Motor imagery paradigm

Motor imagery (MI) is defined as a dynamic state in which the subject mentally simulates a particular action so that he/she can feel himself as if performing the imagined action (Decety, 1996). Compared with the brain processes involved in motor performance (MP), MI requires an additional inhibitory process from prefrontal and dorsolateral frontal cortices to prevent the imagined movement from actually happening (Jeannerod, 1994; Piokenhain, 1984).

Functional imaging studies (Gao et al., 2011; Gerardin et al., 2000) have shown an overlap between the neural networks involved in MI and MP, reporting coincident activations in several areas such as the supplementary motor area (SMA), premotor cortex (PMC), parietal areas, the basal ganglia, and the cerebellum.

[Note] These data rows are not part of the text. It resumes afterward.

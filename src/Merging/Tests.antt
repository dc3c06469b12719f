-- ===== src/Merging/Tests.antt =====
-- The merging iterator over lists.
use kip_db.Base.{◌≡◌, refl, true, Option, none, some, List, [], ◌∷◌, arith}
use kip_db.Data.{KeyValue}
use kip_db.Error.{KernelResult, ok}
use kip_db.Merging.{
  SeekIter, Seek, create, next_loop, try_next, seek_to, pull, pull_all, init_next_buf,
  buf_map_insert,
}
use kip_db.Merging.Entries.{put, put_all}
use kip_db.Merging.Pull.{Yields}
use kip_db.Merging.Drain.{drain, merged}
use kip_db.Merging.Merged.{drain-merged}

abbrev next : List KeyValue → List KeyValue × KernelResult (Option KeyValue)
next [] = ([], ok none)
next (item ∷ items) = (items, ok (some item))

abbrev lists : SeekIter
lists = record {
  State = List KeyValue;
  try_next = next;
  seek = λ seek s. (s, ok tt);
  is_valid = λ s. true;
}

next-cons :
    (s : List KeyValue) (e : KeyValue) (es : List KeyValue)
    → s ≡ e ∷ es
    → ((next s).1 ≡ ok (some e)) × ((next s).0 ≡ es)
next-cons s e es h = rw h (refl, refl)

next-nil : (s : List KeyValue) → s ≡ [] → ((next s).1 ≡ ok none) × ((next s).0 ≡ [])
next-nil s h = rw h (refl, refl)

abbrev whole : Yields lists
whole = record { items = λ s. s; next-nil = next-nil; next-cons = next-cons }

abbrev first_items : List KeyValue
first_items = ((1 ∷ []), some (10 ∷ [])) ∷ ((4 ∷ []), none) ∷ []

abbrev last_items : List KeyValue
last_items = ((1 ∷ []), some (11 ∷ [])) ∷ ((2 ∷ []), some (12 ∷ [])) ∷ []

abbrev three : List (List KeyValue)
three = first_items ∷ [] ∷ last_items ∷ []

abbrev all_items : List KeyValue
all_items = ((1 ∷ []), some (10 ∷ [])) ∷ ((2 ∷ []), some (12 ∷ [])) ∷ ((4 ∷ []), none) ∷ []

merged_items : merged three ≡ all_items
unfolding put_all put
merged_items = refl

drained : drain {it = lists} 5 9 (create {it = lists} three).0 ≡ some all_items
unfolding create pull_all pull init_next_buf next_loop try_next buf_map_insert
drained = refl

sought :
    drain {it = lists} 5 9 (seek_to {it = lists} Seek.last (create {it = lists} three).0).0
    ≡ some []
unfolding seek_to create pull_all pull init_next_buf next_loop try_next buf_map_insert
sought = refl

drain-merged_example :
    ((create {it = lists} three).1 ≡ ok tt)
    × (drain {it = lists} 6 5 (create {it = lists} three).0 ≡ some (merged three))
drain-merged_example =
    drain-merged whole three 6 5 (((refl, tt), (tt, tt)), (tt, (((refl, tt), (tt, tt)), tt)))
      (omega arith) (omega arith)
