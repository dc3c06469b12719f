-- ===== src/Scope.antt =====
-- src/kernel/lsm/table/scope.rs: the key range of a table, and its count of seek misses.
pub mod Meet
pub mod Cover
pub mod Seeks
mod Tests
use kip_db.Base.{ℕ, ◌+◌, ◌%◌, ◌^◌, Bool, true, false, ◌&&◌, ◌||◌, Option, none, some}
use kip_db.Base.{List, [], ◌∷◌, map, ltb, ◌==◌, if◌then◌else◌}
use kip_db.Base.Int.{ℤ, pos, int_ord}
use kip_db.Base.Order.{
  Bytes, Bound, included, excluded, unbounded, bytes_ord, is_le, is_ge, is_lt, is_eq,
}
use kip_db.Data.{KeyValue}
use kip_db.Error.{KernelResult, KernelError, ok, err}

abbrev pub seek_compaction_count : ℕ
seek_compaction_count = 100

-- `allowed_seeks` is the value in the shared counter, if the scope has one.
pub record Scope : Type 0 where
  pub start : Bytes
  pub end : Bytes
  pub gen : ℤ
  pub allowed_seeks : Option ℕ

-- `Scope::eq`
unfoldable pub eq_scope : Scope → Scope → Bool
eq_scope s t = elim s.allowed_seeks [
  | none ↦ false
  | some a ↦ elim t.allowed_seeks [
    | none ↦ false
    | some b ↦ a == b && (is_eq s.start t.start && (is_eq s.end t.end && is_eq s.gen t.gen))
  ]
]

-- The two atomic steps of `seeks_increase` on the counter: `fetch_add(1)`, and the exchange, which
-- stores 0 if the counter still holds `current + 1`.
unfoldable pub fetch_add : ℕ → ℕ × ℕ
fetch_add seeks = (seeks, (seeks + 1) % 2 ^ 32)

unfoldable pub compare_exchange : ℕ → ℕ → ℕ × Bool
compare_exchange current seeks =
    if seeks == (current + 1) % 2 ^ 32 then (0, true) else (seeks, false)

-- `other` is what other threads do to the counter between the two steps.
unfoldable pub seeks_increase : (ℕ → ℕ) → Scope → Scope × Bool
unfolding fetch_add compare_exchange
seeks_increase other s = elim s.allowed_seeks [
  | none ↦ (s, false)
  | some seeks ↦
      let (current, added) = fetch_add seeks in
      let (seeks', reset) = compare_exchange current (other added) in
      if ltb seek_compaction_count current
      then (record s { allowed_seeks = some seeks' }, reset)
      else (record s { allowed_seeks = some (other added) }, false)
]

unfoldable pub from_range : ℤ → Bytes → Bytes → Scope
from_range gen first last = record { start = first; end = last; gen = gen; allowed_seeks = some 0 }

unfoldable pub from_key : Bytes → Scope
from_key key = record { start = key; end = key; gen = pos 0; allowed_seeks = none }

-- `Iterator::min` and `Iterator::max`: of equal elements the first and the last.
unfoldable pub min_from : Bytes → List Bytes → Bytes
min_from least [] = least
min_from least (key ∷ keys) = min_from (if is_lt key least then key else least) keys

unfoldable pub max_from : Bytes → List Bytes → Bytes
max_from greatest [] = greatest
max_from greatest (key ∷ keys) = max_from (if is_lt key greatest then greatest else key) keys

unfoldable pub fusion : List Scope → Option Scope
unfolding min_from max_from
fusion [] = none
fusion (s ∷ scopes) = some (record {
  start = min_from s.start (map (λ (t : Scope). t.start) scopes);
  end = max_from s.end (map (λ (t : Scope). t.end) scopes);
  gen = pos 0;
  allowed_seeks = none;
})

unfoldable pub meet : Scope → Scope → Bool
meet s target =
    is_le s.start target.start && is_ge s.end target.start
    || (is_le s.start target.end && is_ge s.end target.end
        || (is_le s.start target.start && is_ge s.end target.end
            || is_ge s.start target.start && is_le s.end target.end))

unfoldable pub meet_by_key : Scope → Bytes → Bool
meet_by_key s key = is_le s.start key && is_ge s.end key

abbrev min_inside : Scope → Bound Bytes → Bool
min_inside s (included key) = is_le s.start key
min_inside s (excluded key) = is_lt s.start key
min_inside s unbounded = true

abbrev max_inside : Scope → Bound Bytes → Bool
max_inside s (included key) = is_ge s.end key
max_inside s (excluded key) = is_lt key s.end
max_inside s unbounded = true

unfoldable pub meet_bound : Scope → Bound Bytes → Bound Bytes → Bool
meet_bound s min max = min_inside s min && max_inside s max

abbrev last_key : Bytes → List KeyValue → Bytes
last_key key [] = key
last_key key ((key', _) ∷ rest) = last_key key' rest

-- `[first, .., last]` and `[one]` are the lists with a first element.
unfoldable pub from_sorted_vec_data : ℤ → List KeyValue → KernelResult Scope
unfolding from_range
from_sorted_vec_data gen [] = err KernelError.data_empty
from_sorted_vec_data gen ((first, _) ∷ rest) = ok (from_range gen first (last_key first rest))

Guillot et al. (2014) reported higher activity in the ventral part of the PMC, responsible for movement planning during MI.

Interhemispheric functional interactions between motor-related areas in both MI and MP tasks have been previously reported (see the studies by Gao et al., 2011, Grefkes et al., 2008, and Liuzzi et al., 2011) and their relevance in terms of movement coordination was highlighed.

There is an important distinction in the MI literature regarding visual and kinesthetic MI and related brain activation patterns (Andrade et al., 2017; Hétu et al., 2013).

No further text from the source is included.